[Saved data entries]
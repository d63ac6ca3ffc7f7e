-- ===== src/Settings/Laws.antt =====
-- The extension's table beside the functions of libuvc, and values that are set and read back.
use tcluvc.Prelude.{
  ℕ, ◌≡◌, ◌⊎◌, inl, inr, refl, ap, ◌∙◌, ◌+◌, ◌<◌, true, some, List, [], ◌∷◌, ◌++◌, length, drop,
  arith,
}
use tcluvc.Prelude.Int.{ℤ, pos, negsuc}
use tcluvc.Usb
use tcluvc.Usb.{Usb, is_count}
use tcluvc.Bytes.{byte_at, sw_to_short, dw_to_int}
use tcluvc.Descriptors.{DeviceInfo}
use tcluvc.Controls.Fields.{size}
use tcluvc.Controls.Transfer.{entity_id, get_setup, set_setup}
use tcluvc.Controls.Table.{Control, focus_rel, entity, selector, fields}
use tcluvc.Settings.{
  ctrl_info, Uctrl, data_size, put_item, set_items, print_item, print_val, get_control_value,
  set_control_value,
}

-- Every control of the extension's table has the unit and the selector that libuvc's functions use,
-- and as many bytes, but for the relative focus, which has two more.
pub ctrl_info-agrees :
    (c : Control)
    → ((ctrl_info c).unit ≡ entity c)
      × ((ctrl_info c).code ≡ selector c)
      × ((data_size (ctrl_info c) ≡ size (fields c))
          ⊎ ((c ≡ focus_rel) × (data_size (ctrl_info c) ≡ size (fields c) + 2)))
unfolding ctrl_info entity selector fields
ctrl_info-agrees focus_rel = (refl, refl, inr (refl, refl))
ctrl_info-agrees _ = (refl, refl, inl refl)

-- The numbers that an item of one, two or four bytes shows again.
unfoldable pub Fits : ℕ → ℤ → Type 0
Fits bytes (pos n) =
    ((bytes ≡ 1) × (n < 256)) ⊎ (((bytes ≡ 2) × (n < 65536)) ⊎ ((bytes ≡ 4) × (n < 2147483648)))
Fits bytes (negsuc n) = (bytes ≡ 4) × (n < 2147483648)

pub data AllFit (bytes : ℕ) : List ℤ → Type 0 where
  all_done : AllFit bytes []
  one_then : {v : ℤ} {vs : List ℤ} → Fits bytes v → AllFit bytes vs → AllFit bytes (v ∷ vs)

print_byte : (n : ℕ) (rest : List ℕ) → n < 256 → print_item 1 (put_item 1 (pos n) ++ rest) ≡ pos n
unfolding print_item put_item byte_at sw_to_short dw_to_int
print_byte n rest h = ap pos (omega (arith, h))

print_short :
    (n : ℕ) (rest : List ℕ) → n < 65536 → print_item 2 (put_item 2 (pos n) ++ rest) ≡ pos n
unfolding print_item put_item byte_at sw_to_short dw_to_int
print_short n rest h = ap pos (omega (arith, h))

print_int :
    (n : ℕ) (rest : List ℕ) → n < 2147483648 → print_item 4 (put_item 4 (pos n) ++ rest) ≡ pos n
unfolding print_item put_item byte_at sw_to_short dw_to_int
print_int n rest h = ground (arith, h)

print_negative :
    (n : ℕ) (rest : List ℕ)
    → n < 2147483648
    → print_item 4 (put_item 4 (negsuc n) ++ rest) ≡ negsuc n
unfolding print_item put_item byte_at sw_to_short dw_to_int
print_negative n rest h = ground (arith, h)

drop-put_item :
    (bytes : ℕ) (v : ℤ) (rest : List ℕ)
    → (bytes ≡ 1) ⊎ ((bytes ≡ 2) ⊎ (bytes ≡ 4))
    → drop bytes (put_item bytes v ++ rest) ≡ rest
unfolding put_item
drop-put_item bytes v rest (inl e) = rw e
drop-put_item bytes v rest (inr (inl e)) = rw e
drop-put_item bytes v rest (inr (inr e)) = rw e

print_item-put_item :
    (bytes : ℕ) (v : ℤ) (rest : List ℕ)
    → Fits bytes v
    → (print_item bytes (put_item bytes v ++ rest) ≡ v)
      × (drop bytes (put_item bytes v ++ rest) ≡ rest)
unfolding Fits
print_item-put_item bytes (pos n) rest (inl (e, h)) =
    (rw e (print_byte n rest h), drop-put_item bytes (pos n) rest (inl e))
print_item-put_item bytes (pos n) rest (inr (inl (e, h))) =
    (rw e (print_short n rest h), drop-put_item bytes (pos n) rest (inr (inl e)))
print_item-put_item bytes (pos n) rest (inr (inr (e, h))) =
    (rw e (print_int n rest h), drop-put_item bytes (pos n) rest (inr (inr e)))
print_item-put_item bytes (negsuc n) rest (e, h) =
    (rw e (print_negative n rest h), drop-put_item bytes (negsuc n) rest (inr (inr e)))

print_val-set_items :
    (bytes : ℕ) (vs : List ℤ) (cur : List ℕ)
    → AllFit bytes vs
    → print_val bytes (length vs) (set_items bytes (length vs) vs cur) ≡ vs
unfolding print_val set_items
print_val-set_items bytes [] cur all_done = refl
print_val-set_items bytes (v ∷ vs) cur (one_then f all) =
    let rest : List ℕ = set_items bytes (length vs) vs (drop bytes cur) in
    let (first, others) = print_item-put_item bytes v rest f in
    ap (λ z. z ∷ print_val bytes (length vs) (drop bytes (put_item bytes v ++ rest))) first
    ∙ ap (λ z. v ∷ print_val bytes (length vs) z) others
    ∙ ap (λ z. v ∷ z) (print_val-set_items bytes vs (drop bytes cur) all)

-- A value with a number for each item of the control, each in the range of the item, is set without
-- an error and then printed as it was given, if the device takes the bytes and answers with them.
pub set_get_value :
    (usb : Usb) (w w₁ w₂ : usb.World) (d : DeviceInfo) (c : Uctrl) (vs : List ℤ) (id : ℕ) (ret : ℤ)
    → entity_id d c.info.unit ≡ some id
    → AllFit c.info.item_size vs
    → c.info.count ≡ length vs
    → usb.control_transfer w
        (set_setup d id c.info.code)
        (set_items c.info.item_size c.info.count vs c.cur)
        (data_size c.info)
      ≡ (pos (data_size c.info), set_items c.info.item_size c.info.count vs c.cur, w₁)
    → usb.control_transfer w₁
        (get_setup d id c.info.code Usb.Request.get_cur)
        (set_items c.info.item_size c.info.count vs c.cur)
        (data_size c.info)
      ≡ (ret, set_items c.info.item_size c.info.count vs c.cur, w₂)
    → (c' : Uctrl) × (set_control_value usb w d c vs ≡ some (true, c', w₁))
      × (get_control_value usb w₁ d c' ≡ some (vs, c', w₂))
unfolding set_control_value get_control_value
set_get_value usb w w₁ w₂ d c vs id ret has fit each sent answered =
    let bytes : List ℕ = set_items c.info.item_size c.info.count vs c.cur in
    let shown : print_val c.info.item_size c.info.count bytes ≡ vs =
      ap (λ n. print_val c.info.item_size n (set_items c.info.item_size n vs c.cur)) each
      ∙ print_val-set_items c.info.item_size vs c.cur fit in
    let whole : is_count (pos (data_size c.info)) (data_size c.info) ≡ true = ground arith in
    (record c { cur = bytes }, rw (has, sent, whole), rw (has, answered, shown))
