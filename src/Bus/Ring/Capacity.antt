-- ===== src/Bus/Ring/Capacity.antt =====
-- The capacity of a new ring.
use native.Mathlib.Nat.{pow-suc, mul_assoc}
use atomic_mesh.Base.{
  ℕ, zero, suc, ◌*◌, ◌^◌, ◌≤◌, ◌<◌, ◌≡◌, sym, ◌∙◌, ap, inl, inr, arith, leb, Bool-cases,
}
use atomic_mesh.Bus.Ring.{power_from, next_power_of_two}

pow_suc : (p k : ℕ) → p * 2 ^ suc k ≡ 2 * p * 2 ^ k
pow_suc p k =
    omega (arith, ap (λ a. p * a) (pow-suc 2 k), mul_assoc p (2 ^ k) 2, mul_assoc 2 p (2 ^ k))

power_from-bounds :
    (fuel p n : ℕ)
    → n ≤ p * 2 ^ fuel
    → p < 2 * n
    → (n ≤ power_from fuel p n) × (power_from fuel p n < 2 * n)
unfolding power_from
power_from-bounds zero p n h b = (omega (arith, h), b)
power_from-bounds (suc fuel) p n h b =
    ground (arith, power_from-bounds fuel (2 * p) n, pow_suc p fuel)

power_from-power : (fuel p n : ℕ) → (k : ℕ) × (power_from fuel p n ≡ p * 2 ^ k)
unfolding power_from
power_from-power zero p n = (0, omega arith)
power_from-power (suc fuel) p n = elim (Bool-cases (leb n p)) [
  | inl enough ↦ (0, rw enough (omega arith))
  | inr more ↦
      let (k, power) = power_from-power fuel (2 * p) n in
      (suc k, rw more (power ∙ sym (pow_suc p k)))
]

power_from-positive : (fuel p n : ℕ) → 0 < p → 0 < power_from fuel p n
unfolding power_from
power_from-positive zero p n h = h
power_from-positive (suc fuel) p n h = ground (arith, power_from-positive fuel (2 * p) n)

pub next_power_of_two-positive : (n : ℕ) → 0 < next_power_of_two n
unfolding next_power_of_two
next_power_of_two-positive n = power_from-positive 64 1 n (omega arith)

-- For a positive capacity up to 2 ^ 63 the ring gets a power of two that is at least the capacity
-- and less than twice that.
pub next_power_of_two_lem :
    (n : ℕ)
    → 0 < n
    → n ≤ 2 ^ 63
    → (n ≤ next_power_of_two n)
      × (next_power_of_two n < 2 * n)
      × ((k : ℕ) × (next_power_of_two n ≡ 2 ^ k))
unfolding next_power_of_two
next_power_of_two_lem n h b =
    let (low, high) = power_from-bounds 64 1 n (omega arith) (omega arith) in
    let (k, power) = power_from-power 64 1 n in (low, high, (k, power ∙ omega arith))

Action item: Retype, exactly and in full, the lines above from the one containing "bytes cur) all)" through the one containing "let bytes : List".

Answer to the problem:
    ∙ ap (λ z. v ∷ z) (print_val-set_items bytes vs (drop bytes cur) all)

-- A value with a number for each item of the control, each in the range of the item, is set without
-- an error and then printed as it was given, if the device takes the bytes and answers with them.
pub set_get_value :
    (usb : Usb) (w w₁ w₂ : usb.World) (d : DeviceInfo) (c : Uctrl) (vs : List ℤ) (id : ℕ) (ret : ℤ)
    → entity_id d c.info.unit ≡ some id
    → AllFit c.info.item_size vs
    → c.info.count ≡ length vs
    → usb.control_transfer w
        (set_setup d id c.info.code)
        (set_items c.info.item_size c.info.count vs c.cur)
        (data_size c.info)
      ≡ (pos (data_size c.info), set_items c.info.item_size c.info.count vs c.cur, w₁)
    → usb.control_transfer w₁
        (get_setup d id c.info.code Usb.Request.get_cur)
        (set_items c.info.item_size c.info.count vs c.cur)
        (data_size c.info)
      ≡ (ret, set_items c.info.item_size c.info.count vs c.cur, w₂)
    → (c' : Uctrl) × (set_control_value usb w d c vs ≡ some (true, c', w₁))
      × (get_control_value usb w₁ d c' ≡ some (vs, c', w₂))
unfolding set_control_value get_control_value
set_get_value usb w w₁ w₂ d c vs id ret has fit each sent answered =
    let bytes : List ℕ = set_items c.info.item_size c.info.count vs c.cur in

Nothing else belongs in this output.